AIM OF THE TASK
Among the entries below, tally each line in which the word "done" is found, then state the tally alone.

(Dataset entries)
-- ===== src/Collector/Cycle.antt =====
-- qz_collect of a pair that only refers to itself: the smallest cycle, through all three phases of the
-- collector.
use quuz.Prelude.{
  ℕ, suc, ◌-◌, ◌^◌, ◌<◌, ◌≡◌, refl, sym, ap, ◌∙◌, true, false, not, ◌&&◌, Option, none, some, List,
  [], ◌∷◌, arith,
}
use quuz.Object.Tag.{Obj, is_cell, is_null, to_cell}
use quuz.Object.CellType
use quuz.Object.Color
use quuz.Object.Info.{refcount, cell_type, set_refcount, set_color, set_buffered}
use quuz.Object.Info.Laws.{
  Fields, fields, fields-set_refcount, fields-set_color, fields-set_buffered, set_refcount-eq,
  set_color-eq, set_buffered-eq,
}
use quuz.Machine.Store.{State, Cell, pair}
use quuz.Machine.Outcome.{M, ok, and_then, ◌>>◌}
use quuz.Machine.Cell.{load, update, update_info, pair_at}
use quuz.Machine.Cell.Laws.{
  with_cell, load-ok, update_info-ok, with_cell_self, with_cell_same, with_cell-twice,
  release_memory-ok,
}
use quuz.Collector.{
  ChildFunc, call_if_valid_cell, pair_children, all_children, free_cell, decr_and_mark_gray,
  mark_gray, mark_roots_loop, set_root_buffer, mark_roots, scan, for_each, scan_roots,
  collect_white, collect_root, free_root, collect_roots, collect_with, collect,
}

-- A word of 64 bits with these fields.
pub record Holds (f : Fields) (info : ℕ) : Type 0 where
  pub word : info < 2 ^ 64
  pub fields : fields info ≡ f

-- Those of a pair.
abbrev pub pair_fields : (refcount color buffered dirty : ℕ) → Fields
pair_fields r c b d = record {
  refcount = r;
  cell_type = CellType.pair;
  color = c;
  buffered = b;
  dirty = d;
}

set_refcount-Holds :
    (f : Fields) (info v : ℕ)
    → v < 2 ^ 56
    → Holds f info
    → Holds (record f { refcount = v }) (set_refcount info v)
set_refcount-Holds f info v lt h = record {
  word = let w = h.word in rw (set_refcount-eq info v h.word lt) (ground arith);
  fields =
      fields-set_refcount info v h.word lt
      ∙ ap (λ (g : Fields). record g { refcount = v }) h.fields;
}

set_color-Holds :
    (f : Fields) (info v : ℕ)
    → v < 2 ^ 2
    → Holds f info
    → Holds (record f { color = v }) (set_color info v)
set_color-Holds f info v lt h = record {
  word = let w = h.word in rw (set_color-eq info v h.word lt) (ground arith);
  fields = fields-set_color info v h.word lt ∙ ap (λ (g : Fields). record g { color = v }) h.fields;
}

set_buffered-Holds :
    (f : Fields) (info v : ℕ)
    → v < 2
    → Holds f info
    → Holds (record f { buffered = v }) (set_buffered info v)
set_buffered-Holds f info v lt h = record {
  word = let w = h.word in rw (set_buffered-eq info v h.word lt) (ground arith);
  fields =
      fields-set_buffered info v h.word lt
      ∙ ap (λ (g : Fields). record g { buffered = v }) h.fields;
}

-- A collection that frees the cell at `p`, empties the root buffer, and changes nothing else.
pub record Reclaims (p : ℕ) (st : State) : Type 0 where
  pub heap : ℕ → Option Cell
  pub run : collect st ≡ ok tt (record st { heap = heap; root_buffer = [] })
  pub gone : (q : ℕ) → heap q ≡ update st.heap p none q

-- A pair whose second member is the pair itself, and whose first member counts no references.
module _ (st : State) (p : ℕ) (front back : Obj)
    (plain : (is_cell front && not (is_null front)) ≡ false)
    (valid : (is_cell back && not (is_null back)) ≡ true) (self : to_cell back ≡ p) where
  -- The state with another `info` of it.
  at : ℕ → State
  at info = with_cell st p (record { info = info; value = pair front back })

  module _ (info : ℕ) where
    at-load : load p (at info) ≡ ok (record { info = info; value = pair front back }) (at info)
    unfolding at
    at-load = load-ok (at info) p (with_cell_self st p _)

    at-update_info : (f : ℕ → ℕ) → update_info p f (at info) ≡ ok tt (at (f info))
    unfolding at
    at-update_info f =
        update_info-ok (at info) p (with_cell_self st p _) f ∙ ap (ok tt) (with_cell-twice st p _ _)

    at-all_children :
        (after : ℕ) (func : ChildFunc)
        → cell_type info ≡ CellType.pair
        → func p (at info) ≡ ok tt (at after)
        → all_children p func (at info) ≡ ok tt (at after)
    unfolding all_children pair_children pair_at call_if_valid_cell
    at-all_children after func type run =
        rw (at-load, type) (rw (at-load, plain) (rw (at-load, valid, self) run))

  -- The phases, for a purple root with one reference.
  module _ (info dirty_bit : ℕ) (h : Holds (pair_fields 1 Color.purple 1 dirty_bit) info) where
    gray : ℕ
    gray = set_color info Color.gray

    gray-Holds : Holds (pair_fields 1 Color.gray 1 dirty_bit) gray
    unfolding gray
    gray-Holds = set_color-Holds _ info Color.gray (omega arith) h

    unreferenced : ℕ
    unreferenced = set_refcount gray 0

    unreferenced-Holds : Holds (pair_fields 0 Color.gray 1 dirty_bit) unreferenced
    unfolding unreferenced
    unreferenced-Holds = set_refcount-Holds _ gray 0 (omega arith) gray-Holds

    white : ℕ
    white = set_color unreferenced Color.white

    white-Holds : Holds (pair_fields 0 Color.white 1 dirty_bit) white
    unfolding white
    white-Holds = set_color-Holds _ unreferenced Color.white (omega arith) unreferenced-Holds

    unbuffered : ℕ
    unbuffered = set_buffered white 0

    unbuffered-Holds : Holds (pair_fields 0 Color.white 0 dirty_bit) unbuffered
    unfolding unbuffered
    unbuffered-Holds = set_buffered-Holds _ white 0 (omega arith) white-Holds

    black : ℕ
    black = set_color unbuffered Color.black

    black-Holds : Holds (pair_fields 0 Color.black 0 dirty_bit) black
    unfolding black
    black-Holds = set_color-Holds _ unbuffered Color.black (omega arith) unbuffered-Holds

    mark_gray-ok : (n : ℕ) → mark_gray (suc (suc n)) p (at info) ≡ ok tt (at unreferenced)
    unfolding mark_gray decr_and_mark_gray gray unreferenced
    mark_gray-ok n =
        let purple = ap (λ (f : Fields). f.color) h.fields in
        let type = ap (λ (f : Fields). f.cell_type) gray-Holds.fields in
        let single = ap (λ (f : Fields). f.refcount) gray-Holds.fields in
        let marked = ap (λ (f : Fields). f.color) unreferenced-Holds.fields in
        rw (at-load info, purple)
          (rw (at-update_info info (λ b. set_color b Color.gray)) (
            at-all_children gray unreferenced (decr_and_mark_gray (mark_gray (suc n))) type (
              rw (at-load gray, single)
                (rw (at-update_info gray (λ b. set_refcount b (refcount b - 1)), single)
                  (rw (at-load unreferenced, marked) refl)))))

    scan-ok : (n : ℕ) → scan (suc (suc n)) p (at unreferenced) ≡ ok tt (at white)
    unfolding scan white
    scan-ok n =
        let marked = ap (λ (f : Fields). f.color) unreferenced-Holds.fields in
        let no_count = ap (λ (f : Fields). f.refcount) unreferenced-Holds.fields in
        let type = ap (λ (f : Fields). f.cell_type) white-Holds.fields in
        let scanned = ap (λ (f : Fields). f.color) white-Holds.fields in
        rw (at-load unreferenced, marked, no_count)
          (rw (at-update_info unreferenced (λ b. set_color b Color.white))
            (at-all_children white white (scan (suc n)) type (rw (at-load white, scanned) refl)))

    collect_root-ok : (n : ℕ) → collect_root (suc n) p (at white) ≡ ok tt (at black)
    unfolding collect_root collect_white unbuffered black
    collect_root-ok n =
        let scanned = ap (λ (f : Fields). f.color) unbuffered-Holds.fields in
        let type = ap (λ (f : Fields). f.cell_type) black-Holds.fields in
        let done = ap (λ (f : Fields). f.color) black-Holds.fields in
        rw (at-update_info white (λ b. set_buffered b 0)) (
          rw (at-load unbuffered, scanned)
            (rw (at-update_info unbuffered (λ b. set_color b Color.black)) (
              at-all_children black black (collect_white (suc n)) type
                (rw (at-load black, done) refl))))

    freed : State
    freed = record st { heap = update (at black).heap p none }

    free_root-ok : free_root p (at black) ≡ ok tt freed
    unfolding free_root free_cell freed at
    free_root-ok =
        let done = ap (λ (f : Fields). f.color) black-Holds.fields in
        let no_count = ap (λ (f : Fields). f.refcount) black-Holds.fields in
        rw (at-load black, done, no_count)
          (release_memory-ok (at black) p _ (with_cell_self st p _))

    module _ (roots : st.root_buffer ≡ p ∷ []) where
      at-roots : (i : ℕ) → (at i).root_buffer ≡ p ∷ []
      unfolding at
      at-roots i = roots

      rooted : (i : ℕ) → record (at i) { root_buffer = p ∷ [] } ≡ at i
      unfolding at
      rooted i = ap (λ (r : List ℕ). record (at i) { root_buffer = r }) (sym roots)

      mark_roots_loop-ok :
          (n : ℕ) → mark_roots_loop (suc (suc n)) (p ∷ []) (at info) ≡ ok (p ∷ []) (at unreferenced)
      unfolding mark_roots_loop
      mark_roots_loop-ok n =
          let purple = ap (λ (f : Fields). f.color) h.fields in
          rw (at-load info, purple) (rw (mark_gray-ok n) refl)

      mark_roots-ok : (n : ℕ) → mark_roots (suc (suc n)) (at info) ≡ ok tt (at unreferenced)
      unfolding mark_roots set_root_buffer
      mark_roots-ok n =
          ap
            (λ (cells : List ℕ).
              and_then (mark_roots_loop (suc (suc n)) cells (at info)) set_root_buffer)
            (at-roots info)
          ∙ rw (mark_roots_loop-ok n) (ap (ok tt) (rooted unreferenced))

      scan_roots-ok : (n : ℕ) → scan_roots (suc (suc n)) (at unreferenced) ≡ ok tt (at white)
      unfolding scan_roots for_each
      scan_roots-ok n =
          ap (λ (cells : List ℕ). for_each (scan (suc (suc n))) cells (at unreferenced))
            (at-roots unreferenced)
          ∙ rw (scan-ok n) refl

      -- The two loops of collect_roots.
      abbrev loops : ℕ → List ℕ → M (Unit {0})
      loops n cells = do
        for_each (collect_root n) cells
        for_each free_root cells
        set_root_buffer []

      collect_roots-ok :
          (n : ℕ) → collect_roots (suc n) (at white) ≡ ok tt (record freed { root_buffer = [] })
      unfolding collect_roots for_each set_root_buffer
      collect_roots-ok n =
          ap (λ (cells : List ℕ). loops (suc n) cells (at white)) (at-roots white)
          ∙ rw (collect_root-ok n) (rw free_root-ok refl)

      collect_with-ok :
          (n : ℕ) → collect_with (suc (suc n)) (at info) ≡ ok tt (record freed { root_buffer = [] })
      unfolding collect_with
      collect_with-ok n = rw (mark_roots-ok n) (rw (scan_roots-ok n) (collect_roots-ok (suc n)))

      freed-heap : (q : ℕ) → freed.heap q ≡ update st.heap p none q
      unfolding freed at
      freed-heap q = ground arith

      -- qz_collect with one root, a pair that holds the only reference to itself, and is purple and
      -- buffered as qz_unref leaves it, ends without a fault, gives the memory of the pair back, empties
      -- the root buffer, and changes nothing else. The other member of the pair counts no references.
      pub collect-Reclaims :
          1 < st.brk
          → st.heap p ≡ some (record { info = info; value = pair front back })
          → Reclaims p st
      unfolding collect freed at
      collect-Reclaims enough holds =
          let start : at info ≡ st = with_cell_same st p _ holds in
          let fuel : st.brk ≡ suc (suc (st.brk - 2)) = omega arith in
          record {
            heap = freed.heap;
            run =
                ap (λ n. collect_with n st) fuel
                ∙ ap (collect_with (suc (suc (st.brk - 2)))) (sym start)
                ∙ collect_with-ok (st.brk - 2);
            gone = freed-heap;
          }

SOLUTION TO THIS TASK
4